I do not think he was particularly attracted to any of the girls there - no matter how beautiful they may appear, there is nothing attractive about them. I am one of the odd few who did not go through with it and found them repulsive.

He almost certainly felt guilty as hell about it when he got back to his hotel room.

Him telling you was more to do with helping him with his guilt than anything else.

Him telling you that he did not remember was his way of reducing the impact on you and not hurting you "as much".

Now the thing to beware is this: *having done it one time, it is very easy for him to do it again and again during his travels and keep/compartmentalise it from you (no matter how much he has apologised) - I have seen this first hand. * 

This is where you need to really come down hard on him if you plan to stay together. Get every detail about what he is doing, where he will be "entertained" and ask him to call you regularly no matter how late the time in either country. Clamp down on it and get him into the habit of declining this sort of behaviour and finding more interesting things to do like (in my case) asking where I could go shopping at that time of the night to buy stuff for my wife and kids etc. 

He is generally a good egg that can go bad and you need to tighten up your grip on this situation or else let him go completely. Trust but verify all the time until it becomes routine and second nature for him to (a) not cheat; and (b) report in all the time and regularly.
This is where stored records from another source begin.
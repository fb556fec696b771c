-- ===== src/App.antt =====
-- crates/application: the control plane.
pub mod FollowUp
pub mod WorkProjection
pub mod Error
pub mod Actions
pub mod WorkItemState
pub mod PlanningWorkflow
Take care and I hope that was more helpful than destructive.


----------



## truetomaself (May 19, 2014)

you are right.The promiscous random women,part I had researched on the net,he never told me. But one thing I know he gets tipsy very easily.While when going to the nightclub he had called me and told me that he is going to a nightclub and at that point of time I remember he was quite slurry.I knew he had drunk a little too much,.He admits that he got out of control.He has compromised on his morals and values and I can only hope he has learnt his lesson.If i look at everything with a question mark I cant get on with life,can I?Do I have any other choice?or else I will end up asking myself numerous questions which would never be answered.This will increase the bitterness.He has grown up in a very conservative family and actually has never been exposed to such openness earlier.All said and done if he makes an consicous effort of not letting anything like this happen( which he is constantly telling me).The only thing which has made me give him a chance is he has come up to me and owned it up.Maybe the details has come a little late.But he did confess when he had a way out,right?So for once let me go ahead with this.I knwo him since we were 24-25.he was always a very unsocial person who couldnt communicate his feelings very well.Now we are communicating a lot,talking to each other and trying to address this together.Lets hope for the best.See I have no choice but to believe him now.Whether I can trust him again?well,only time will tell.I have to look ahead right?


----------



## truetomaself (May 19, 2014)

manfromlamancha..your advice came like a breath of fresh air to me.I completely agree with you.I am on my guards now.he is himself constantly calling me whenver he is.He has declined to go anywhere in business trips .He is supposed to go for a conference for a day,next week,he has himself asked me and the kids to accompany him.Also,today I asked him,that what if this was an addiction for you?His answer was it can be an addiction when it is a great experience and for him he says it is an episode he just wants to wipe out of his mind completely.He would never even want it again.Knowing him from so many years,the one thing i am sure is he never liked these kind of women lookswise.(with no offence to anyone pls).We had been good freinds before marriage and we used to hang out in groups of friends also.All said and done,your analysis seems bang on.In fact I was wondering whether I can recommend a book to him to increase his willpower(that is a seriosu area he needs to work on).Even in family crisis,I am the one who holds things through,he gets completely broken and depends on me emotionally.


----------



## truetomaself (May 19, 2014)

fsjzhen...I have taken my decision.I have given him a second chance and now life will move forward.If you read my earlier posts you would know my stand now.


----------



## turnera (Jan 22, 2010)

My H travels a lot to the East. He said in Thailand, women bring their 11-12 year old daughters up to him and offer to sell the girls to him for 'boom boom.' It's just the way things are over there.


----------



## Squeakr (May 1, 2013)

truetomaself said:


> fsjzhen...I have taken my decision.I have given him a second chance and now life will move forward.If you read my earlier posts you would know my stand now.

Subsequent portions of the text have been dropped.